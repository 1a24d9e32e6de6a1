-- ===== src/Media/Queues.antt =====
-- What the layer takes of the machine: memory, locks, threads, and the queues of xnvme; and
-- `znd_media_cmd_exec` (xztl/src/ztl-media.c), through which queues are made, polled and ended.
use x_ztl.Common.{ℕ, ◌%◌, ◌^◌, ◌==◌, if◌then◌else◌, Option}
use x_ztl.Common.Int.{ℤ, pos, negsuc}
use x_ztl.Consts.{xztl_ok}
use x_ztl.Media.Commands.{znd_invalid_opcode}

-- enum xztl_media_opcodes, the other commands
abbrev pub xztl_misc_asynch_init : ℕ
xztl_misc_asynch_init = 0x1

abbrev pub xztl_misc_asynch_term : ℕ
xztl_misc_asynch_term = 0x2

abbrev pub xztl_misc_asynch_poke : ℕ
xztl_misc_asynch_poke = 0x3

abbrev pub xztl_misc_asynch_outs : ℕ
xztl_misc_asynch_outs = 0x4

abbrev pub xztl_misc_asynch_wait : ℕ
xztl_misc_asynch_wait = 0x5

abbrev pub znd_media_asynch_err : ℕ
znd_media_asynch_err = 0x6

abbrev pub znd_media_poke_err : ℕ
znd_media_poke_err = 0x9

abbrev pub znd_media_outs_err : ℕ
znd_media_outs_err = 0xa

abbrev pub znd_media_wait_err : ℕ
znd_media_wait_err = 0xb

-- The locks of the layer: of a thread's context, of the write queue of a level, and `rs_mutex`.
pub data Lock : Type 0 where
  qpair_spin : ℕ → Lock
  ucmd_spin : ℕ → Lock
  rs_mutex : Lock

-- The calls over the state of the machine. A pointer is a number, a null pointer `none`; an `int` that is
-- only tested for 0 is a number.
pub record Machine (W : Type 0) : Type 0 where
  pub malloc : W → Option ℕ × W
  pub free : W → ℕ → W
  pub dma_alloc : W → ℕ → Option ℕ × W
  pub dma_free : W → Option ℕ → W
  pub lock_init : W → Lock → ℕ × W
  pub lock_destroy : W → Lock → W
  pub queue_init : W → ℕ → ℕ × Option ℕ × W
  pub queue_term : W → Option ℕ → ℕ × W
  pub queue_poke : W → Option ℕ → ℕ → ℤ × W
  pub get_outstanding : W → Option ℕ → ℤ × W
  pub thread_create : W → ℕ → ℕ × W
  pub thread_join : W → ℕ → Option W

-- struct xztl_misc_cmd; `queue` is that of its `ctx_ptr`.
pub record MiscCmd : Type 0 where
  pub opcode : ℕ
  pub queue : Option ℕ
  pub depth : ℕ
  pub limit : ℕ
  pub count : ℕ

module _ {W : Type 0} (x : Machine W) where
  -- An `int` that is an error where it is below 0, and a count elsewhere.
  unfoldable pub count_or : ℕ → MiscCmd → ℤ × W → ℕ × MiscCmd × W
  count_or err cmd (pos n, w) = (xztl_ok, record cmd { count = n }, w)
  count_or err cmd (negsuc n, w) = (err, cmd, w)

  -- `znd_media_async_wait`, which only tells whether nothing is outstanding.
  unfoldable pub async_wait : MiscCmd → ℤ × W → ℕ × MiscCmd × W
  async_wait cmd (pos n, w) =
      if n == 0 then (xztl_ok, record cmd { count = 0 }, w) else (znd_media_wait_err, cmd, w)
  async_wait cmd (negsuc n, w) = (znd_media_wait_err, cmd, w)

  -- `znd_media_asynch_init` and `znd_media_asynch_term`
  unfoldable pub asynch_init : W → MiscCmd → ℕ × MiscCmd × W
  asynch_init w cmd =
      let (ret, queue, w1) = x.queue_init w cmd.depth in
      (if ret == 0 then xztl_ok else znd_media_asynch_err, record cmd { queue = queue }, w1)

  unfoldable pub asynch_term : W → MiscCmd → ℕ × MiscCmd × W
  asynch_term w cmd =
      let (ret, w1) = x.queue_term w cmd.queue in
      (if ret == 0 then xztl_ok else znd_media_asynch_err, cmd, w1)

  -- `znd_media_cmd_exec`; the limit of a poll is a `uint16_t`.
  unfoldable pub cmd_exec : W → MiscCmd → ℕ × MiscCmd × W
  unfolding asynch_init asynch_term count_or async_wait
  cmd_exec w cmd =
      if cmd.opcode == xztl_misc_asynch_init
      then asynch_init w cmd
      else if cmd.opcode == xztl_misc_asynch_term
      then asynch_term w cmd
      else if cmd.opcode == xztl_misc_asynch_poke
      then count_or znd_media_poke_err cmd (x.queue_poke w cmd.queue (cmd.limit % 2 ^ 16))
      else if cmd.opcode == xztl_misc_asynch_outs
      then count_or znd_media_outs_err cmd (x.get_outstanding w cmd.queue)
      else if cmd.opcode == xztl_misc_asynch_wait
      then async_wait cmd (x.get_outstanding w cmd.queue)
      else (znd_invalid_opcode, cmd, w)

══════

• **YOUR INSTRUCTIONS**
Set every line of the data down again, word for word.

• **THE COMPLETED TASK**
repository 1a24d9e32e6de6a1
-- ===== src/Media/Queues.antt =====
-- What the layer takes of the machine: memory, locks, threads, and the queues of xnvme; and
-- `znd_media_cmd_exec` (xztl/src/ztl-media.c), through which queues are made, polled and ended.
use x_ztl.Common.{ℕ, ◌%◌, ◌^◌, ◌==◌, if◌then◌else◌, Option}
use x_ztl.Common.Int.{ℤ, pos, negsuc}
use x_ztl.Consts.{xztl_ok}
use x_ztl.Media.Commands.{znd_invalid_opcode}

-- enum xztl_media_opcodes, the other commands
abbrev pub xztl_misc_asynch_init : ℕ
xztl_misc_asynch_init = 0x1

abbrev pub xztl_misc_asynch_term : ℕ
xztl_misc_asynch_term = 0x2

abbrev pub xztl_misc_asynch_poke : ℕ
xztl_misc_asynch_poke = 0x3

abbrev pub xztl_misc_asynch_outs : ℕ
xztl_misc_asynch_outs = 0x4

abbrev pub xztl_misc_asynch_wait : ℕ
xztl_misc_asynch_wait = 0x5

abbrev pub znd_media_asynch_err : ℕ
znd_media_asynch_err = 0x6

abbrev pub znd_media_poke_err : ℕ
znd_media_poke_err = 0x9

abbrev pub znd_media_outs_err : ℕ
znd_media_outs_err = 0xa

abbrev pub znd_media_wait_err : ℕ
znd_media_wait_err = 0xb

-- The locks of the layer: of a thread's context, of the write queue of a level, and `rs_mutex`.
pub data Lock : Type 0 where
  qpair_spin : ℕ → Lock
  ucmd_spin : ℕ → Lock
  rs_mutex : Lock

-- The calls over the state of the machine. A pointer is a number, a null pointer `none`; an `int` that is
-- only tested for 0 is a number.
pub record Machine (W : Type 0) : Type 0 where
  pub malloc : W → Option ℕ × W
  pub free : W → ℕ → W
  pub dma_alloc : W → ℕ → Option ℕ × W
  pub dma_free : W → Option ℕ → W
  pub lock_init : W → Lock → ℕ × W
  pub lock_destroy : W → Lock → W
  pub queue_init : W → ℕ → ℕ × Option ℕ × W
  pub queue_term : W → Option ℕ → ℕ × W
  pub queue_poke : W → Option ℕ → ℕ → ℤ × W
  pub get_outstanding : W → Option ℕ → ℤ × W
  pub thread_create : W → ℕ → ℕ × W
  pub thread_join : W → ℕ → Option W

-- struct xztl_misc_cmd; `queue` is that of its `ctx_ptr`.
pub record MiscCmd : Type 0 where
  pub opcode : ℕ
  pub queue : Option ℕ
  pub depth : ℕ
  pub limit : ℕ
  pub count : ℕ

module _ {W : Type 0} (x : Machine W) where
  -- An `int` that is an error where it is below 0, and a count elsewhere.
  unfoldable pub count_or : ℕ → MiscCmd → ℤ × W → ℕ × MiscCmd × W
  count_or err cmd (pos n, w) = (xztl_ok, record cmd { count = n }, w)
  count_or err cmd (negsuc n, w) = (err, cmd, w)

  -- `znd_media_async_wait`, which only tells whether nothing is outstanding.
  unfoldable pub async_wait : MiscCmd → ℤ × W → ℕ × MiscCmd × W
  async_wait cmd (pos n, w) =
      if n == 0 then (xztl_ok, record cmd { count = 0 }, w) else (znd_media_wait_err, cmd, w)
  async_wait cmd (negsuc n, w) = (znd_media_wait_err, cmd, w)

  -- `znd_media_asynch_init` and `znd_media_asynch_term`
  unfoldable pub asynch_init : W → MiscCmd → ℕ × MiscCmd × W
  asynch_init w cmd =
      let (ret, queue, w1) = x.queue_init w cmd.depth in
      (if ret == 0 then xztl_ok else znd_media_asynch_err, record cmd { queue = queue }, w1)

  unfoldable pub asynch_term : W → MiscCmd → ℕ × MiscCmd × W
  asynch_term w cmd =
      let (ret, w1) = x.queue_term w cmd.queue in
      (if ret == 0 then xztl_ok else znd_media_asynch_err, cmd, w1)

  -- `znd_media_cmd_exec`; the limit of a poll is a `uint16_t`.
  unfoldable pub cmd_exec : W → MiscCmd → ℕ × MiscCmd × W
  unfolding asynch_init asynch_term count_or async_wait
  cmd_exec w cmd =
      if cmd.opcode == xztl_misc_asynch_init
      then asynch_init w cmd
      else if cmd.opcode == xztl_misc_asynch_term
      then asynch_term w cmd
      else if cmd.opcode == xztl_misc_asynch_poke
      then count_or znd_media_poke_err cmd (x.queue_poke w cmd.queue (cmd.limit % 2 ^ 16))
      else if cmd.opcode == xztl_misc_asynch_outs
      then count_or znd_media_outs_err cmd (x.get_outstanding w cmd.queue)
      else if cmd.opcode == xztl_misc_asynch_wait
      then async_wait cmd (x.get_outstanding w cmd.queue)
      else (znd_invalid_opcode, cmd, w)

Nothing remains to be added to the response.